Observe that $f_{2n+1}(a)$ has the following probabilistic interpretation. Consider $2n+1$ coins, each with probability $a$ of landing heads independently of each other, and consider the random variable $X_{2n+1}$ given by the number of coins which land heads. Then $$ f_{2n+1}(a)=a\cdot \mathbb P(X_{2n+1}\leq n)+(1-a)\cdot \mathbb P(X_{2n+1}\geq n+1). $$ By the law of large numbers, $X_{2n+1}/(2n+1)$ converges to the deterministic quantity $a$ as $n\to\infty$. Rewriting the probabilities in terms of the ratio we see that $$ f_{2n+1}(a)=a\cdot \mathbb P\Bigl(\frac{X_{2n+1}}{2n+1}\leq \frac{n}{2n+1}\Bigr)+(1-a)\cdot \mathbb P\Bigl(\frac{X_{2n+1}}{2n+1}\geq \frac{n+1}{2n+1}\Bigr), $$ and consequently (when $a\not=\tfrac12$ - see end of the post for why) $$ \lim_{n\to\infty}f_{2n+1}(a)=a\cdot \mathbb P\Bigl(a\leq \frac12\Bigr)+(1-a)\cdot \mathbb P\Bigl(a\geq \frac12\Bigr)=\min(a,1-a), $$ since $\mathbb P(a\leq \tfrac12)=1$ if $a\leq \tfrac12$ and $0$ otherwise, and likewise for $\mathbb P(a\geq \tfrac12)$.

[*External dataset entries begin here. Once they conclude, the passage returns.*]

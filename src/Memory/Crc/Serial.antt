-- ===== src/Memory/Crc/Serial.antt =====
-- The byte-wise update of the CRC against the bit-serial register of the textbooks.
use kinetis_k22_sim.Base.{
  ℕ, zero, suc, ◌+◌, ◌-◌, ◌*◌, ◌%◌, ◌^◌, ◌<◌, bit_and, bit_xor, Bool, ◌&&◌, leb, ltb, if◌then◌else◌,
  xor, u32, ◌<<◌, flag-pow, bit, bit-xor, bit-shl, bit-mod, low_mask, bit-zero, bits_ext,
  bit_xor-lt, for_range, for_range_inv, ◌≡◌, ◌⊎◌, inl, inr, refl, sym, ap, ◌∙◌, arith, Bool-cases,
}
use native.Mathlib.Nat.{one-le-pow, pow-suc, mul_assoc}
use kinetis_k22_sim.Memory.Crc.{Crc, wide_crc, crc_bit_count, crc_round, crc_accumulate}

-- The register shifted by one place, without the bit that falls out.
abbrev pub shifted : ℕ → ℕ → ℕ
shifted width state = state * 2 % 2 ^ width

-- One message bit enters: the bit that falls out, with the message bit, decides whether the
-- polynomial is subtracted.
pub feed : ℕ → ℕ → ℕ → Bool → ℕ
feed width polynomial state message =
    let feedback = xor (bit state (width - 1)) message in
    if feedback then bit_xor (shifted width state) (polynomial % 2 ^ width) else shifted width state

-- The bits of a byte, the highest first.
pub feed_byte : ℕ → ℕ → ℕ → ℕ → ℕ
feed_byte width polynomial state byte =
    for_range 8 0 (λ i s. feed width polynomial s (bit byte (7 - i))) state

-- A round of the source, at its two widths.
round_lem :
    (width polynomial value : ℕ)
    → (width ≡ 16) ⊎ (width ≡ 32)
    → crc_round width (2 ^ width - 1) polynomial value ≡ (
        if bit value (width - 1)
        then bit_xor (shifted width value) (polynomial % 2 ^ width)
        else shifted width value)
unfolding crc_round
round_lem width polynomial value (inl narrow) =
    let top = flag-pow value 15 in
    let low = low_mask 16 (u32 (value << 1)) in
    let mask = low_mask 16 polynomial in rw narrow (ground arith)
round_lem width polynomial value (inr wide) =
    let top = flag-pow value 31 in
    let low = low_mask 32 (u32 (value << 1)) in
    let mask = low_mask 32 polynomial in rw wide (ground arith)

bit-shifted :
    (width x k : ℕ) → bit (shifted width x) k ≡ (ltb k width && (leb 1 k && bit x (k - 1)))
bit-shifted width x k = bit-mod (x * 2 ^ 1) width k ∙ ap (λ b. ltb k width && b) (bit-shl x 1 k)

shifted-lt : (width x : ℕ) → shifted width x < 2 ^ width
shifted-lt width x = omega (arith, one-le-pow width 2)

and_xor : (a b c d : Bool) → (a && (b && xor c d)) ≡ xor (a && (b && c)) (a && (b && d))
unfolding xor
and_xor a b c d = ground arith

shifted-bit_xor :
    (width s m : ℕ) → shifted width (bit_xor s m) ≡ bit_xor (shifted width s) (shifted width m)
shifted-bit_xor width s m =
    bits_ext width (shifted width (bit_xor s m)) (bit_xor (shifted width s) (shifted width m))
      (shifted-lt width (bit_xor s m))
      (bit_xor-lt width (shifted width s) (shifted width m) (shifted-lt width s)
        (shifted-lt width m))
      (λ k lt.
        let both = bit-xor (shifted width s) (shifted width m) k in
        let left = bit-shifted width s k in
        let right = bit-shifted width m k in
        let whole = bit-shifted width (bit_xor s m) k in
        let inner = bit-xor s m (k - 1) in
        rw both (
          rw whole (
            rw left (
              rw right
                (rw inner (and_xor (ltb k width) (leb 1 k) (bit s (k - 1)) (bit m (k - 1))))))))

xor_swap_digit : (a b c : Bool) → xor (xor a b) c ≡ xor (xor a c) b
unfolding xor
xor_swap_digit a b c = ground arith

xor_swap :
    (width a b c : ℕ)
    → a < 2 ^ width
    → b < 2 ^ width
    → c < 2 ^ width
    → bit_xor (bit_xor a b) c ≡ bit_xor (bit_xor a c) b
xor_swap width a b c ha hb hc =
    bits_ext width (bit_xor (bit_xor a b) c) (bit_xor (bit_xor a c) b)
      (bit_xor-lt width (bit_xor a b) c (bit_xor-lt width a b ha hb) hc)
      (bit_xor-lt width (bit_xor a c) b (bit_xor-lt width a c ha hc) hb)
      (λ k lt.
        let left = bit-xor (bit_xor a b) c k in
        let right = bit-xor (bit_xor a c) b k in
        let ab = bit-xor a b k in
        let ac = bit-xor a c k in
        rw left (rw right (rw ab (rw ac (xor_swap_digit (bit a k) (bit b k) (bit c k))))))

-- A round on the register with the pending message bits added is a fed bit.
round_linear :
    (width polynomial s m : ℕ)
    → (width ≡ 16) ⊎ (width ≡ 32)
    → crc_round width (2 ^ width - 1) polynomial (bit_xor s m)
      ≡ bit_xor (feed width polynomial s (bit m (width - 1))) (shifted width m)
unfolding feed
round_linear width polynomial s m which =
    let round = round_lem width polynomial (bit_xor s m) which in
    let split = shifted-bit_xor width s m in
    let top = bit-xor s m (width - 1) in
    let p : polynomial % 2 ^ width < 2 ^ width = omega (arith, one-le-pow width 2) in
    let swap =
      xor_swap width (shifted width s) (shifted width m) (polynomial % 2 ^ width)
        (shifted-lt width s) (shifted-lt width m) p in
    rw (round, split, top) (ground arith)

feed-lt : (width polynomial s : ℕ) (message : Bool) → feed width polynomial s message < 2 ^ width
unfolding feed
feed-lt width polynomial s message =
    let p : polynomial % 2 ^ width < 2 ^ width = omega (arith, one-le-pow width 2) in
    let added =
      bit_xor-lt width (shifted width s) (polynomial % 2 ^ width) (shifted-lt width s) p in
    let plain = shifted-lt width s in ground arith

-- The pending message bits after some rounds.
abbrev pending : ℕ → ℕ → ℕ → ℕ
pending width byte i = byte * 2 ^ (width - 8 + i) % 2 ^ width

double_mod :
    (width x : ℕ) → (width ≡ 16) ⊎ (width ≡ 32) → x % 2 ^ width * 2 % 2 ^ width ≡ x * 2 % 2 ^ width
double_mod width x (inl narrow) = rw narrow (omega arith)
double_mod width x (inr wide) = rw wide (omega arith)

pending_next :
    (width byte i : ℕ)
    → (width ≡ 16) ⊎ (width ≡ 32)
    → shifted width (pending width byte i) ≡ pending width byte (i + 1)
pending_next width byte i which =
    let e = width - 8 + i in
    let next : width - 8 + (i + 1) ≡ suc e = omega arith in
    let power : byte * 2 ^ suc e ≡ byte * 2 ^ e * 2 =
      ap (λ p. byte * p) (pow-suc 2 e) ∙ sym (mul_assoc byte (2 ^ e) 2) in
    double_mod width (byte * 2 ^ e) which ∙ (rw (next, power) refl)

pending_top :
    (width byte i : ℕ)
    → (width ≡ 16) ⊎ (width ≡ 32)
    → i < 8
    → bit (pending width byte i) (width - 1) ≡ bit byte (7 - i)
pending_top width byte i which lt =
    let cut = bit-mod (byte * 2 ^ (width - 8 + i)) width (width - 1) in
    let moved = bit-shl byte (width - 8 + i) (width - 1) in
    let place : width - 1 - (width - 8 + i) ≡ 7 - i = omega arith in
    rw (cut, moved, place) (ground arith)

rounds :
    (width polynomial byte : ℕ)
    → (width ≡ 16) ⊎ (width ≡ 32)
    → (n i s : ℕ) → i + n ≡ 8
    → for_range n i
        (λ i value. crc_round width (2 ^ width - 1) polynomial value)
        (bit_xor s (pending width byte i))
      ≡ bit_xor
          (for_range n i (λ i s. feed width polynomial s (bit byte (7 - i))) s)
          (pending width byte 8)
unfolding for_range
rounds width polynomial byte which zero i s ends = let last : i ≡ 8 = omega arith in rw last refl
rounds width polynomial byte which (suc n) i s ends =
    let step = round_linear width polynomial s (pending width byte i) which in
    let next = pending_next width byte i which in
    let top = pending_top width byte i which (omega arith) in
    rw (step, next, top)
      (rounds width polynomial byte which n (i + 1) (feed width polynomial s (bit byte (7 - i)))
        (omega arith))

bit_xor-zero : (x : ℕ) → x < 2 ^ 32 → bit_xor x 0 ≡ x
unfolding xor
bit_xor-zero x h = bits_ext 32 (bit_xor x 0) x (bit_xor-lt 32 x 0 h (omega arith)) h (λ k lt.
    let digit = bit-xor x 0 k in let none = bit-zero k in rw digit (rw none (ground arith)))

feed_byte-lt :
    (width polynomial s byte : ℕ) → s < 2 ^ width → feed_byte width polynomial s byte < 2 ^ width
unfolding feed_byte
feed_byte-lt width polynomial s byte h =
    for_range_inv (λ i state. state < 2 ^ width) _ 8
      (λ i state lt kept. feed-lt width polynomial state (bit byte (7 - i))) 8 0 s refl h

-- The byte before the first round, and the end.
start_lem :
    (width byte : ℕ)
    → (width ≡ 16) ⊎ (width ≡ 32)
    → byte < 256
    → (u32 (byte << (width - 8)) ≡ pending width byte 0) × (pending width byte 8 ≡ 0)
start_lem width byte (inl narrow) fits = rw narrow (omega arith, omega arith)
start_lem width byte (inr wide) fits = rw wide (omega arith, omega arith)

width_fits : (width x : ℕ) → (width ≡ 16) ⊎ (width ≡ 32) → x < 2 ^ width → x < 2 ^ 32
width_fits width x (inl narrow) h = let small = rw narrow at h in omega arith
width_fits width x (inr wide) h = rw wide at h

accumulate_width :
    (width value polynomial byte : ℕ)
    → (width ≡ 16) ⊎ (width ≡ 32)
    → byte < 256
    → for_range 8 0
        (λ i v. crc_round width (2 ^ width - 1) polynomial v)
        (bit_xor (bit_and value (2 ^ width - 1)) (u32 (byte << (width - 8))))
      ≡ feed_byte width polynomial (value % 2 ^ width) byte
accumulate_width width value polynomial byte which fits =
    let start = start_lem width byte which fits in
    let low = low_mask width value in
    let state = value % 2 ^ width in
    let run = rounds width polynomial byte which 8 0 state refl in
    let fed = feed_byte width polynomial state byte in
    let small : fed < 2 ^ width =
      feed_byte-lt width polynomial state byte (omega (arith, one-le-pow width 2)) in
    let plain : bit_xor fed (pending width byte 8) ≡ fed =
      rw (start.1) (bit_xor-zero fed (width_fits width fed which small)) in
    rw (low, start.0) (run ∙ (unfold feed_byte in plain))

-- At both widths, accumulating a byte is feeding its bits, the highest first, into the register of
-- the generator polynomial one by one.
pub crc_accumulate_lem :
    (crc : Crc) (byte : ℕ)
    → byte < 256
    → (crc_accumulate crc byte).value
      ≡ feed_byte (crc_bit_count crc) crc.polynomial (crc.value % 2 ^ crc_bit_count crc) byte
unfolding crc_accumulate
crc_accumulate_lem crc byte fits = elim (Bool-cases (wide_crc crc)) [
  | inl wide ↦ rw wide (accumulate_width 32 crc.value crc.polynomial byte (inr refl) fits)
  | inr narrow ↦ rw narrow (accumulate_width 16 crc.value crc.polynomial byte (inl refl) fits)
]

Regarding the case $a=\tfrac12$, there is a very simple direct argument and the law of large numbers is not needed, which is fortunate because it just happens that the law of large numbers does not directly apply for technical reasons. The issue is that the mode of convergence used in the law of large numbers is sensitive to boundary effects, and thus when $a=\tfrac12$ it is not true that $\lim_{n\to\infty}\mathbb P\Bigl(\frac{X_{2n+1}}{2n+1}\leq \frac{n}{2n+1}\Bigr)=\mathbb P(a\leq \tfrac 12)$. Fortunately, when $a=\tfrac12$ the coin we are flipping is a fair coin so we have an obvious symmetry in $X_{2n+1}$: the number of heads and the number of tails have the same distribution, and therefore $$ \mathbb P\Bigl(\frac{X_{2n+1}}{2n+1}\leq \frac{n}{2n+1}\Bigr)=\mathbb P\Bigl(\frac{X_{2n+1}}{2n+1}\geq \frac{n+1}{2n+1}\Bigr)=\frac12. $$ So when $a=\tfrac12$, the claimed limiting value actually holds for all $n$, and not only in the limit.